An dieser Folgerung scheiden sich die Geister. Fürsprecher CAs führen an, die aggressiven Buchungspraktiken seien seit langem bekannt, doch legal; Buchungstricks seien nicht festzustellen. Für Skeptiker hingegen steht fest, CA habe mit der "Pro forma pro rate" die Abrechnung zur Glaubenssache gemacht.

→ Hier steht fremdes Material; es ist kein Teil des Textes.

-- ===== src/Examples/Server.antt =====
-- The server at concrete requests, next to an installed session: two measurements of one rule, and a
-- path that it does not know.
use ebpf_upf.Prelude.{ℕ, ℤ, pos, ◌≡◌, refl, List, [], ◌∷◌, Option, some, codes, length, arith}
use ebpf_upf.Python.{Result, ok}
use ebpf_upf.Python.Exec.{Exec, lift}
use ebpf_upf.Python.Struct.{Bytes}
use ebpf_upf.Maps.Logic.{Reaches, Triple-lift}
use ebpf_upf.Agent.Metrics.{DumpEntry}
use ebpf_upf.Agent.Http.Answers.{Report}
use ebpf_upf.Agent.Server.{serve}
use ebpf_upf.Agent.Frame.{ReadsOnly}
use ebpf_upf.Agent.Server.Spares.{Untouched, serve_spares}
use ebpf_upf.Examples.Start.{maps}
use ebpf_upf.Examples.Agent.{start, start-IsOpen}

abbrev ticks : ℕ → ℕ
ticks k = k

abbrev no_dump : {W : Type 0} → Exec W (List DumpEntry)
no_dump = lift (ok [])

no_dump_reads : ReadsOnly maps no_dump
no_dump_reads J = Triple-lift maps (ok []) (λ a m h j. j) (λ e m h j. j)

abbrev asked : Bytes → Option (List Bytes)
asked path = some (codes "1" ∷ [])

abbrev as_one : Bytes → Result ℤ
as_one text = ok (pos 1)

abbrev dumps : Report → Bytes
dumps r = codes "{}"

abbrev requests : List Bytes
requests = codes "/ruleupdate?n=1" ∷ codes "/favicon.ico" ∷ codes "/ruleupdate?n=1" ∷ []

serve_spares_example :
    Reaches maps
      (Untouched 0x1000 0x2000 (maps.content start))
      (λ answers m. (length answers ≡ 3) × Untouched 0x1000 0x2000 (maps.content start) m)
      (λ e m. ⊥)
      (serve maps ticks no_dump asked as_one dumps requests start)
serve_spares_example =
    serve_spares maps ticks no_dump asked as_one dumps requests 0x1000 0x2000 start no_dump_reads
      (omega arith) (omega arith) start-IsOpen refl
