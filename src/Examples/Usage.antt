-- ===== src/Examples/Usage.antt =====
-- The usage of a URR on two CPUs.
use ebpf_upf.Prelude.{ℕ, ◌≡◌, refl, List, [], ◌∷◌, some, none, map, true, false, arith}
use ebpf_upf.Python.{ok}
use ebpf_upf.Python.Struct.{unpack, from_bytes}
use ebpf_upf.Datapath.Tables.{FarVal}
use ebpf_upf.Datapath.Ingress.{UrrVal, Urrs, Helpers, State, redirect_out}
use ebpf_upf.Python.Hex.{hex_digit}
use ebpf_upf.Agent.Metrics.Dump.{cell_text}
use ebpf_upf.Agent.Usage.{Usage, read_urr}
use ebpf_upf.Agent.Usage.Printed.{urr_bytes, usage_entry}
use ebpf_upf.EndToEnd.Usage.{plus, printed, usage_billed}
use ebpf_upf.EndToEnd.Usage.Counted.{billed}

abbrev some_usage : UrrVal
some_usage = record { bytes_ul = 1000; bytes_dl = 0; pkts_ul = 3; pkts_dl = 0 }

abbrev other_usage : UrrVal
other_usage = record { bytes_ul = 0xffff_ffff_ffff_ffff; bytes_dl = 0; pkts_ul = 2; pkts_dl = 0 }

abbrev entries : List (ℕ × List UrrVal)
entries = (2, some_usage ∷ []) ∷ (1, some_usage ∷ other_usage ∷ []) ∷ []

-- The sum has no bound.
test_read_urr :
    read_urr 1 (map usage_entry entries)
    ≡ ok (some record { bytes_ul = 0x1_0000_0000_0000_03e7; pkts_ul = 5 })
unfolding read_urr unpack from_bytes cell_text hex_digit urr_bytes
test_read_urr = refl

abbrev here : Urrs
here i = some some_usage

abbrev elsewhere : Urrs
elsewhere i = none

abbrev helpers : Helpers
helpers = record {
  len = 70;
  inner_len = 34;
  now = 1000;
  adjust_fails = λ n. false;
  urr_fits = true;
  redirect = λ i. 7;
}

abbrev far : FarVal
far = record { action = 1; out_ifindex = 2; peer_ipv4_be = 0; out_teid_be = 0 }

abbrev one_cpu : State
one_cpu = record { buckets = λ i. none; urrs = here }

usage_billed_example :
    (u : Usage) × (read_urr 1
        (map usage_entry (printed (1 ∷ 2 ∷ []) (elsewhere ∷ here ∷ elsewhere ∷ [])))
      ≡ ok (some u))
    × (read_urr 1 (
          map usage_entry (
            printed
              (1 ∷ 2 ∷ [])
              (elsewhere ∷ (redirect_out helpers far 1 one_cpu).state.urrs ∷ elsewhere ∷ [])))
        ≡ ok (some (plus u (billed 1 1 34).0 (billed 1 1 34).1)))
usage_billed_example =
    usage_billed helpers far 1 1 one_cpu (1 ∷ 2 ∷ []) (elsewhere ∷ []) (elsewhere ∷ [])
      (omega arith) refl (omega arith) (omega arith) (omega arith) refl (omega arith)
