-- ===== src/Netlink.antt =====
-- The generic-netlink client of results_native/gtp5g_baseline/gtp5g_genl.py.
pub mod Attributes
pub mod Replies
pub mod Socket
pub mod Messages
pub mod Commands
pub mod Link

Denn wer wüsste schon, ob die eingebuchten Lizenzeinnahmen in fünf Jahren auch bezahlt würden. "Es bedarf erheblich guten Willens, diesen Zahlen zu glauben", erklärte Merill Lynch-Analyst Peter Goldmacher

www.cai.com/invest/nytimes response.pdf

www.nytimes. com/2001/04/29/ technology/29COMP.html

ComputerPartner-Meinung:

Bilanzen frisiert zu haben, ist kriminell. Wer diesen Vorwurf erhebt, muss ihn schlüssig beweisen. Der Versuch allein ist fahrlässig. So folgt: Selbst wenn die NYT offensichtlich guten Grund hatte, den Aussagen von ehemaligen CA-Mitarbeitern und Analysten nicht weniger Wahrheitsgehalt zuzubilligen als den SEC-Erklärungen von CA und sie schlüssig argumentierte, bleibt sie den Beweis schuldig. Sie handelt mit Rufmord. Dies ist das Letzte, was sich eine Zeitung einhandeln darf. (wl)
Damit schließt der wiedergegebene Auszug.